You can also run the feasibility study on other datasets by providing the path to the dataset file as first argument to the execution script:

Windows:

.\execute.bat path\to\custom\dataset.md

Linux/Mac (bash):

./execute.sh path/to/custom/dataset.md

The input file must have the same format as the other dataset files (i.e., repositories are listed in a Markdown table). You can find dataset files in the docs/datasets folder.

Troubleshooting

‘Got permission denied while trying to connect to the Docker daemon socket’

Problem: This is a common problem under Linux, if the user trying to execute Docker commands does not have the permissions to do so.

Fix: You can fix this problem by either following the post-installation instructions, or by executing the scripts in the replication package with elevated permissions (i.e., sudo).

‘Unable to find image ‘replication-package:latest’ locally’

Problem: The Docker container could not be found. This either means that the name of the container that was built does not fit the name of the container that is being executed (this only happens if you changed the provided scripts), or that the Docker container was not built yet.

Fix: Follow the instructions described above in the section Build the Docker Container.

No results after verification, or ‘cannot create directory ‘../results/views/current’: Permission denied’

Problem: This problem can occur due to how permissions are managed inside the Docker container. More specifically, it will appear, if Docker is executed with elevated permissions (i.e., sudo) and if there is no results directory because it was deleted manually. In this case, Docker will create the directory with elevated permissions, and the Docker user has no permissions to access the directory.

Fix: If there is a results directory, delete it with elevated permission (e.g., sudo rm -r results). Then, create a new results directory without elevated permissions, or execute git restore . to restore the deleted directory.

Failed to load class “org.slf4j.impl.StaticLoggerBinder”

Problem: An operation within the initialization phase of the logger library we use (tinylog) failed.
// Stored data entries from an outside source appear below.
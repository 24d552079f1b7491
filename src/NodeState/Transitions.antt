-- ===== src/NodeState/Transitions.antt =====
-- The transition tables of internal/nodestate against the diagrams that their comments draw.
use netsy.Base.{◌≡◌, refl, ◌⊎◌, inl, inr, true, none, some, arith, Bool-cases}
use netsy.NodeState.{
  HealthState, loading, healthy, degraded, ElectorState, follower, leader, PrimaryState, replica,
  starting, active, draining, State, invalid_health_transition, invalid_elector_transition,
  invalid_primary_transition, set_health, set_elector, set_primary, valid_health_transition,
  valid_elector_transition, valid_primary_transition,
}

pub data HealthEdge : HealthState → HealthState → Type 0 where
  loaded : HealthEdge loading healthy
  load_failed : HealthEdge loading degraded
  degrade : HealthEdge healthy degraded
  reload : HealthEdge degraded loading
  recover : HealthEdge degraded healthy

pub data ElectorEdge : ElectorState → ElectorState → Type 0 where
  win : ElectorEdge follower leader
  lose : ElectorEdge leader follower

pub data PrimaryEdge : PrimaryState → PrimaryState → Type 0 where
  elected : PrimaryEdge replica starting
  preflight_done : PrimaryEdge starting active
  superseded : PrimaryEdge starting replica
  stopped_early : PrimaryEdge starting draining
  drain : PrimaryEdge active draining
  drained : PrimaryEdge draining replica

ruleset health_edges = (loaded, load_failed, degrade, reload, recover)

ruleset primary_edges = (elected, preflight_done, superseded, stopped_early, drain, drained)

valid_health_sound :
    (from to : HealthState) → valid_health_transition from to ≡ true → HealthEdge from to
unfolding valid_health_transition
valid_health_sound from to h = grind (arith, health_edges)

valid_health_complete :
    {from to : HealthState} → HealthEdge from to → valid_health_transition from to ≡ true
unfolding valid_health_transition
valid_health_complete loaded = refl
valid_health_complete load_failed = refl
valid_health_complete degrade = refl
valid_health_complete reload = refl
valid_health_complete recover = refl

valid_elector_sound :
    (from to : ElectorState) → valid_elector_transition from to ≡ true → ElectorEdge from to
unfolding valid_elector_transition
valid_elector_sound from to h = grind (arith, win, lose)

valid_elector_complete :
    {from to : ElectorState} → ElectorEdge from to → valid_elector_transition from to ≡ true
unfolding valid_elector_transition
valid_elector_complete win = refl
valid_elector_complete lose = refl

valid_primary_sound :
    (from to : PrimaryState) → valid_primary_transition from to ≡ true → PrimaryEdge from to
unfolding valid_primary_transition
valid_primary_sound from to h = grind (arith, primary_edges)

valid_primary_complete :
    {from to : PrimaryState} → PrimaryEdge from to → valid_primary_transition from to ≡ true
unfolding valid_primary_transition
valid_primary_complete elected = refl
valid_primary_complete preflight_done = refl
valid_primary_complete superseded = refl
valid_primary_complete stopped_early = refl
valid_primary_complete drain = refl
valid_primary_complete drained = refl

-- Either the diagram has an edge to the new state, and `SetPrimary` returns no error and sets the
-- primary state and nothing else; or it has none, and the call reports both states and leaves the
-- node as it was.
pub set_primary_lem :
    (s : State) (to : PrimaryState)
    → (PrimaryEdge s.primary to × (set_primary s to ≡ (record s { primary = to }, none)))
      ⊎ ((¬ PrimaryEdge s.primary to)
          × (set_primary s to ≡ (s, some (invalid_primary_transition s.primary to))))
set_primary_lem s to = elim (Bool-cases (valid_primary_transition s.primary to)) [
  | inl e ↦ inl (valid_primary_sound s.primary to e, unfold set_primary in ground arith)
  | inr e ↦
      inr (λ edge. ground (arith, valid_primary_complete edge), unfold set_primary in ground arith)
]

-- Either the diagram has an edge to the new state, and `SetHealth` returns no error and sets the
-- health state and nothing else; or it has none, and the call reports both states and leaves the
-- node as it was.
pub set_health_lem :
    (s : State) (to : HealthState)
    → (HealthEdge s.health to × (set_health s to ≡ (record s { health = to }, none)))
      ⊎ ((¬ HealthEdge s.health to)
          × (set_health s to ≡ (s, some (invalid_health_transition s.health to))))
set_health_lem s to = elim (Bool-cases (valid_health_transition s.health to)) [
  | inl e ↦ inl (valid_health_sound s.health to e, unfold set_health in ground arith)
  | inr e ↦
      inr (λ edge. ground (arith, valid_health_complete edge), unfold set_health in ground arith)
]

-- Either the diagram has an edge to the new state, and `SetElector` returns no error and sets the
-- elector state and nothing else; or it has none, and the call reports both states and leaves the
-- node as it was.
pub set_elector_lem :
    (s : State) (to : ElectorState)
    → (ElectorEdge s.elector to × (set_elector s to ≡ (record s { elector = to }, none)))
      ⊎ ((¬ ElectorEdge s.elector to)
          × (set_elector s to ≡ (s, some (invalid_elector_transition s.elector to))))
set_elector_lem s to = elim (Bool-cases (valid_elector_transition s.elector to)) [
  | inl e ↦ inl (valid_elector_sound s.elector to e, unfold set_elector in ground arith)
  | inr e ↦
      inr (λ edge. ground (arith, valid_elector_complete edge), unfold set_elector in ground arith)
]
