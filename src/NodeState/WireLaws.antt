-- ===== src/NodeState/WireLaws.antt =====
-- The conversions of internal/nodestate/proto.go are inverse to one another where they should be.
use netsy.Base.{◌<◌, ◌^◌, ◌≡◌, ◌⊎◌, inl, inr, ◌≢◌, arith, eq_iff}
use netsy.NodeState.{HealthState, ElectorState, PrimaryState, ClusterState, no_node}
use netsy.NodeState.Wire.{
  health_from_proto, health_to_proto, elector_from_proto, elector_to_proto, primary_from_proto,
  primary_to_proto, cluster_state_to_proto, cluster_state_from_proto,
}

-- Every state that a node sends is read back as it was.
pub states_round_trip :
    (h : HealthState) (e : ElectorState) (p : PrimaryState)
    → (health_from_proto (health_to_proto h) ≡ h)
      × (elector_from_proto (elector_to_proto e) ≡ e)
      × (primary_from_proto (primary_to_proto p) ≡ p)
unfolding health_from_proto health_to_proto elector_from_proto elector_to_proto primary_from_proto
    primary_to_proto
states_round_trip h e p = (ground arith, ground arith, ground arith)

-- A cluster state whose node count fits an int32 survives the wire, if its Primary has an ID or is
-- not set at all: of a Primary without an ID the address and the member ID are lost.
pub cluster_round_trip :
    (cs : ClusterState)
    → cs.node_count < 2 ^ 31
    → (cs.primary.node_id ≢ "") ⊎ (cs.primary ≡ no_node)
    → cluster_state_from_proto (cluster_state_to_proto cs) ≡ cs
unfolding cluster_state_from_proto cluster_state_to_proto
cluster_round_trip cs fits (inl named) = ground (arith, eq_iff cs.primary.node_id "")
cluster_round_trip cs fits (inr unset) = ground (arith, eq_iff cs.primary.node_id "")
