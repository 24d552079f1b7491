-- ===== src/PeerClient/Connections.antt =====
-- The connection of a node to its Primary (manager.go).
use netsy.Base.{
  String, ◌≡◌, refl, sym, ◌≢◌, ◌⊎◌, inl, inr, Bool, true, false, not, none, some, arith, ◌&&◌, ◌||◌,
  Bool-cases, str_eq, eq_iff,
}
use netsy.NodeState.{NodeInfo, ClusterState}
use netsy.PeerClient.{
  Manager, update_elector, update_primary, elector_turn, primary_turn, update_connections,
}

-- The connection to a Primary: none to the node itself or to a Primary without a node or an address,
-- and none or that of its address to any other.
abbrev pub IsConnected : Manager → NodeInfo → Type 0
IsConnected m primary =
    (m.primary_conn ≡ none)
    ⊎ ((m.primary_conn ≡ some primary.peer_advertise_addr)
        × (primary.node_id ≢ m.node_id)
        × (primary.node_id ≢ "")
        × (m.primary_addr ≡ primary.peer_advertise_addr))

str_eq-true : (a b : String) → str_eq a b ≡ true → a ≡ b
str_eq-true a b h = (eq_iff a b).0 h

pub str_eq-false : (a b : String) → str_eq a b ≡ false → a ≢ b
str_eq-false a b h same = let e = (eq_iff a b).1 same in cc

-- The address of the connection is that of the new Primary.
kept_connection :
    (m : Manager) (old primary : NodeInfo)
    → IsConnected m old
    → (primary.node_id ≡ m.node_id → m.primary_conn ≢ some primary.peer_advertise_addr)
    → primary.peer_advertise_addr ≡ m.primary_addr
    → primary.node_id ≢ ""
    → IsConnected m primary
kept_connection m old primary (inl gone) distinct same known = inl gone
kept_connection m old primary (inr (conn, other, there, addr)) distinct same known =
    let now : m.primary_conn ≡ some primary.peer_advertise_addr = rw (same, addr) conn in
    inr (now, λ self. distinct self now, known, sym same)

update_primary-IsConnected :
    (m : Manager) (old primary : NodeInfo) (fails : Bool)
    → IsConnected m old
    → (primary.node_id ≡ m.node_id → m.primary_conn ≢ some primary.peer_advertise_addr)
    → IsConnected (update_primary m primary fails) primary
unfolding update_primary
update_primary-IsConnected m old primary fails h distinct =
    elim (Bool-cases
      (str_eq primary.peer_advertise_addr m.primary_addr && not (str_eq primary.node_id ""))) [
        | inl e ↦ simp e (
            kept_connection m old primary h distinct (str_eq-true _ _ (ground arith))
              (str_eq-false _ _ (ground arith)))
        | inr e ↦ elim (Bool-cases (str_eq primary.node_id m.node_id)) [
          | inl self ↦ simp (e, self) (inl refl)
          | inr other ↦
              elim (Bool-cases
                (str_eq primary.peer_advertise_addr "" || str_eq primary.node_id "")) [
                  | inl none_there ↦ simp (e, other, none_there) (inl refl)
                  | inr there ↦ elim (Bool-cases fails) [
                    | inl f ↦ simp (e, other, there, f) (inl refl)
                    | inr f ↦
                        simp (e, other, there, f)
                          (inr
                            (refl, str_eq-false _ _ other, str_eq-false _ _ (ground arith), refl))
                  ]
                ]
        ]
      ]

-- What the turn of the Elector's connection leaves alone.
pub record SamePrimary (m m' : Manager) : Type 0 where
  pub conn : m'.primary_conn ≡ m.primary_conn
  pub addr : m'.primary_addr ≡ m.primary_addr
  pub id : m'.node_id ≡ m.node_id

pub elector_turn-SamePrimary :
    (m : Manager) (old cs : ClusterState) (fails : Bool)
    → SamePrimary m (elector_turn m old cs fails)
unfolding update_elector
elector_turn-SamePrimary m old cs fails = ground arith

pub SamePrimary-IsConnected :
    (m m' : Manager) (primary : NodeInfo)
    → SamePrimary m m'
    → IsConnected m primary
    → IsConnected m' primary
SamePrimary-IsConnected m m' primary e h = rw (e.conn, e.addr, e.id) h

primary_turn-IsConnected :
    (m : Manager) (old cs : ClusterState) (fails : Bool)
    → IsConnected m old.primary
    → (cs.primary.node_id ≡ m.node_id → m.primary_conn ≢ some cs.primary.peer_advertise_addr)
    → IsConnected (primary_turn m old cs fails) cs.primary
primary_turn-IsConnected m old cs fails h distinct =
    elim (Bool-cases (
      str_eq cs.primary.peer_advertise_addr old.primary.peer_advertise_addr
      && str_eq cs.primary.node_id old.primary.node_id)) [
        | inl e ↦
            let addr =
              str_eq-true cs.primary.peer_advertise_addr old.primary.peer_advertise_addr
                (ground arith) in
            let id = str_eq-true cs.primary.node_id old.primary.node_id (ground arith) in
            simp e (rw (addr, id) h)
        | inr e ↦ simp e (update_primary-IsConnected m old.primary cs.primary fails h distinct)
      ]

pub update_connections-IsConnected :
    (m : Manager) (old cs : ClusterState) (elector_fails primary_fails : Bool)
    → IsConnected m old.primary
    → (cs.primary.node_id ≡ m.node_id → m.primary_conn ≢ some cs.primary.peer_advertise_addr)
    → IsConnected (update_connections m old cs elector_fails primary_fails) cs.primary
unfolding update_connections
update_connections-IsConnected m old cs elector_fails primary_fails h distinct =
    let same = elector_turn-SamePrimary m old cs elector_fails in
    primary_turn-IsConnected (elector_turn m old cs elector_fails) old cs primary_fails
      (SamePrimary-IsConnected m _ old.primary same h) (rw (same.id, same.conn) distinct)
Fix: Please ignore this warning. Tinylog will fall back onto a default implementation (Defaulting to no-operation (NOP) logger implementation) and logging will work as expected.

’./build.sh: Bad substitution’ or ‘./execute.sh: [[: not found’

Problem: The scripts build.sh and execute.sh were not run in bash. The scripts were probably run in shell explicitly (i.e., the sh command, for example via sh build.sh).

Fix: Run the scripts directly (i.e., ./build.sh or ./execute.sh ...) or via bash (i.e., bash build.sh).